▸ **How to complete this task**: Starting at the line that contains "pgdir va t xs", return every line through the end of the entries below, exactly and with nothing else.

▸ **Dataset extract**:
-- ===== src/Pmap/Table/Walk.antt =====
-- pgdir_walk on each of its branches.
use jos_vmx.Base.{
  ℕ, ◌+◌, ◌-◌, ◌*◌, ◌/◌, ◌%◌, ◌^◌, ◌≤◌, ◌<◌, ◌≡◌, ◌≢◌, ◌⊎◌, refl, none, some, false, List, [], ◌∷◌,
  arith, ◌==◌, bit_or, bit_and,
}
use jos_vmx.Base.Bits.{bit_or_low, bit_or_split, bit_and_mod}
use jos_vmx.Mmu.{word, kernbase, pte_p, pte_w, pte_u, pdx, ptx, pte_addr}
use jos_vmx.Mmu.Address.{pte_addr-eq}
use jos_vmx.Pmap.{Pmap, ◌>>=◌}
use jos_vmx.Pmap.Alloc.Chain.{IsFreeList}
use jos_vmx.Pmap.Alloc.Laws.{page_alloc-Allocates}
use jos_vmx.Pmap.Alloc.Decref.{set_page-IsFreeList}
use jos_vmx.Pmap.Boot.{kaddr}
use jos_vmx.Pmap.Table.{
  page2pa, frame, frame_at, entry_of, install, write, set_ref, clear_frame, pgdir_walk,
}

-- All physical memory lies in the map at KERNBASE.
abbrev pub IsMachine : Pmap → Type 0
IsMachine m = m.npages ≤ 65536

-- The directory entry for `va` leads to the table `t`.
pub record HasTable (m : Pmap) (pgdir va t : ℕ) : Type 0 where
  pub present : bit_and (m.phys pgdir (pdx va)) pte_p ≡ 1
  pub table : pte_addr (m.phys pgdir (pdx va)) ≡ t * 2 ^ 12
  pub inside : t < m.npages

pub bit_and-pte_p : (x : ℕ) → bit_and x pte_p ≡ x % 2
bit_and-pte_p x = bit_and_mod 1 x

pub HasTable-ne : (m : Pmap) (pgdir va t : ℕ) → HasTable m pgdir va t → m.phys pgdir (pdx va) ≢ 0
HasTable-ne m pgdir va t v e = omega (arith, bit_and-pte_p (m.phys pgdir (pdx va)), v.present)

pub page2pa-eq : (m : Pmap) (p : ℕ) → IsMachine m → p < m.npages → page2pa p ≡ p * 2 ^ 12
unfolding page2pa
page2pa-eq m p big h = omega arith

kaddr-frame :
    (m : Pmap) (t : ℕ)
    → t < m.npages
    → kaddr (t * 2 ^ 12) m ≡ some ((t * 2 ^ 12 + kernbase) % word, m)
unfolding kaddr
kaddr-frame m t h = ground arith

frame-kaddr :
    (m : Pmap) (t : ℕ) → t < 65536 → frame ((t * 2 ^ 12 + kernbase) % word) m ≡ some (t, m)
unfolding frame
frame-kaddr m t h =
    let e : (t * 2 ^ 12 + kernbase) % word ≡ t * 2 ^ 12 + kernbase = omega arith in
    let e' : (t * 2 ^ 12 + kernbase - kernbase) / 2 ^ 12 ≡ t = omega arith in
    rw e (ground (arith, e'))

pub frame_at-eq :
    (m : Pmap) (t : ℕ) → IsMachine m → t < m.npages → frame_at (t * 2 ^ 12) m ≡ some (t, m)
unfolding frame_at
frame_at-eq m t big h = rw (kaddr-frame m t h, ◌>>=◌) (frame-kaddr m t (omega arith))

entry_of-eq :
    (m : Pmap) (pgdir va t : ℕ)
    → IsMachine m
    → HasTable m pgdir va t
    → entry_of pgdir va m ≡ some (some (t, ptx va), m)
unfolding entry_of
entry_of-eq m pgdir va t big v = rw (v.table, ◌>>=◌, frame_at-eq m t big v.inside)

pub walk_present :
    (m : Pmap) (pgdir va t create : ℕ)
    → IsMachine m
    → HasTable m pgdir va t
    → pgdir_walk pgdir va create m ≡ some (some (t, ptx va), m)
unfolding pgdir_walk
walk_present m pgdir va t create big v =
    let ne : (m.phys pgdir (pdx va) == 0) ≡ false = ground (arith, HasTable-ne m pgdir va t v) in
    rw ne (entry_of-eq m pgdir va t big v)

-- Without `create` a missing table is reported and nothing changes.
pub walk_missing :
    (m : Pmap) (pgdir va : ℕ) → m.phys pgdir (pdx va) ≡ 0 → pgdir_walk pgdir va 0 m ≡ some (none, m)
unfolding pgdir_walk
walk_missing m pgdir va e = rw e

pub walk_no_memory :
    (m : Pmap) (pgdir va create : ℕ)
    → m.phys pgdir (pdx va) ≡ 0
    → IsFreeList m []
    → pgdir_walk pgdir va create m ≡ some (none, m)
unfolding pgdir_walk
walk_no_memory m pgdir va create e v = ground (arith, page_alloc-Allocates m [] v)

-- The entry that `install` writes.
entry-eq : (pp : ℕ) → bit_or (bit_or (bit_or (pp * 2 ^ 12) pte_u) pte_w) pte_p ≡ pp * 2 ^ 12 + 7
entry-eq pp =
    rw
      (
        bit_or_low 12 pp 4 (omega arith),
        bit_or_split 12 pp 4 2 (omega arith) (omega arith),
        bit_or_split 12 pp 6 1 (omega arith) (omega arith),
      )
      refl

-- The state after `install`: the entry, the count 1 and a table of zeros.
abbrev pub installed : (pgdir va t : ℕ) → Pmap → Pmap
installed pgdir va t m = clear_frame t (set_ref t 1 (write pgdir (pdx va) (t * 2 ^ 12 + 7) m))

install-eq :
    (m : Pmap) (pgdir va t : ℕ)
    → IsMachine m
    → t < m.npages
    → install pgdir va t m ≡ some (tt, installed pgdir va t m)
unfolding install
install-eq m pgdir va t big h = ground (
  arith,
  page2pa-eq m t big h,
  entry-eq t,
  frame_at-eq (set_ref t 1 (write pgdir (pdx va) (t * 2 ^ 12 + 7) m)) t big h,
)

module _ (m : Pmap) (pgdir va t : ℕ) (apart : t ≢ pgdir) (h : t < m.npages)
    (big : IsMachine m) where
  installed-HasTable : HasTable (installed pgdir va t m) pgdir va t
  installed-HasTable = record {
    present = ground (arith, bit_and-pte_p (t * 2 ^ 12 + 7));
    table = ground (arith, pte_addr-eq (t * 2 ^ 12 + 7) (omega arith));
    inside = h;
  }

-- What `pgdir_walk` did when it had to make a table out of the free page `t`.
pub record Created (m m' : Pmap) (pgdir va t : ℕ) (xs : List ℕ) : Type 0 where
  pub table : HasTable m' pgdir va t
  pub empty : (i : ℕ) → m'.phys t i ≡ 0
  pub counted : (m'.pages t).pp_ref ≡ 1
  pub free : IsFreeList m' xs
  pub same_entries : (f i : ℕ) → t ≢ f → (f ≢ pgdir) ⊎ (i ≢ pdx va) → m'.phys f i ≡ m.phys f i
  pub same_counts : (a : ℕ) → t ≢ a → (m'.pages a).pp_ref ≡ (m.pages a).pp_ref

-- In a machine with at most 256 MB, with `create` and a first free page that is not the directory,
-- a missing table is allocated out of that page, cleared, counted and installed, and the entry for
-- `va` in it is returned; no other entry and no other page's count changes.
pub walk_create :
    (m : Pmap) (pgdir va create t : ℕ) (xs : List ℕ)
    → IsMachine m
    → create ≢ 0
    → m.phys pgdir (pdx va) ≡ 0
    → t ≢ pgdir
    → IsFreeList m (t ∷ xs)
    → (m' : Pmap) × (pgdir_walk pgdir va create m ≡ some (some (t, ptx va), m'))
      × Created m m' pgdir va t xs
unfolding pgdir_walk
walk_create m pgdir va create t xs big ne e apart v =
    let (m₁, got, free, out, clear, counts, entries, size) = page_alloc-Allocates m (t ∷ xs) v in
    let h : t < m₁.npages = omega (arith, v.inside, size) in
    let big₁ : IsMachine m₁ = omega (arith, size) in
    let one = record (m₁.pages t) { pp_ref = 1 } in
    let counted = set_page-IsFreeList t one m₁ xs free out in
    let table = installed-HasTable m₁ pgdir va t apart h big₁ in
    (
      installed pgdir va t m₁,
      ground (
        arith,
        got,
        install-eq m₁ pgdir va t big₁ h,
        entry_of-eq (installed pgdir va t m₁) pgdir va t big₁ table,
      ),
      record {
        table = table;
        empty = λ i. ground arith;
        counted = ground arith;
        free = record { chain = counted.chain; inside = counted.inside };
        same_entries = λ f i ne o. ground (arith, entries);
        same_counts = λ a ne. ground (arith, counts a);
      },
    )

▸ **Exercise output**:
      × Created m m' pgdir va t xs
unfolding pgdir_walk
walk_create m pgdir va create t xs big ne e apart v =
    let (m₁, got, free, out, clear, counts, entries, size) = page_alloc-Allocates m (t ∷ xs) v in
    let h : t < m₁.npages = omega (arith, v.inside, size) in
    let big₁ : IsMachine m₁ = omega (arith, size) in
    let one = record (m₁.pages t) { pp_ref = 1 } in
    let counted = set_page-IsFreeList t one m₁ xs free out in
    let table = installed-HasTable m₁ pgdir va t apart h big₁ in
    (
      installed pgdir va t m₁,
      ground (
        arith,
        got,
        install-eq m₁ pgdir va t big₁ h,
        entry_of-eq (installed pgdir va t m₁) pgdir va t big₁ table,
      ),
      record {
        table = table;
        empty = λ i. ground arith;
        counted = ground arith;
        free = record { chain = counted.chain; inside = counted.inside };
        same_entries = λ f i ne o. ground (arith, entries);
        same_counts = λ a ne. ground (arith, counts a);
      },
    )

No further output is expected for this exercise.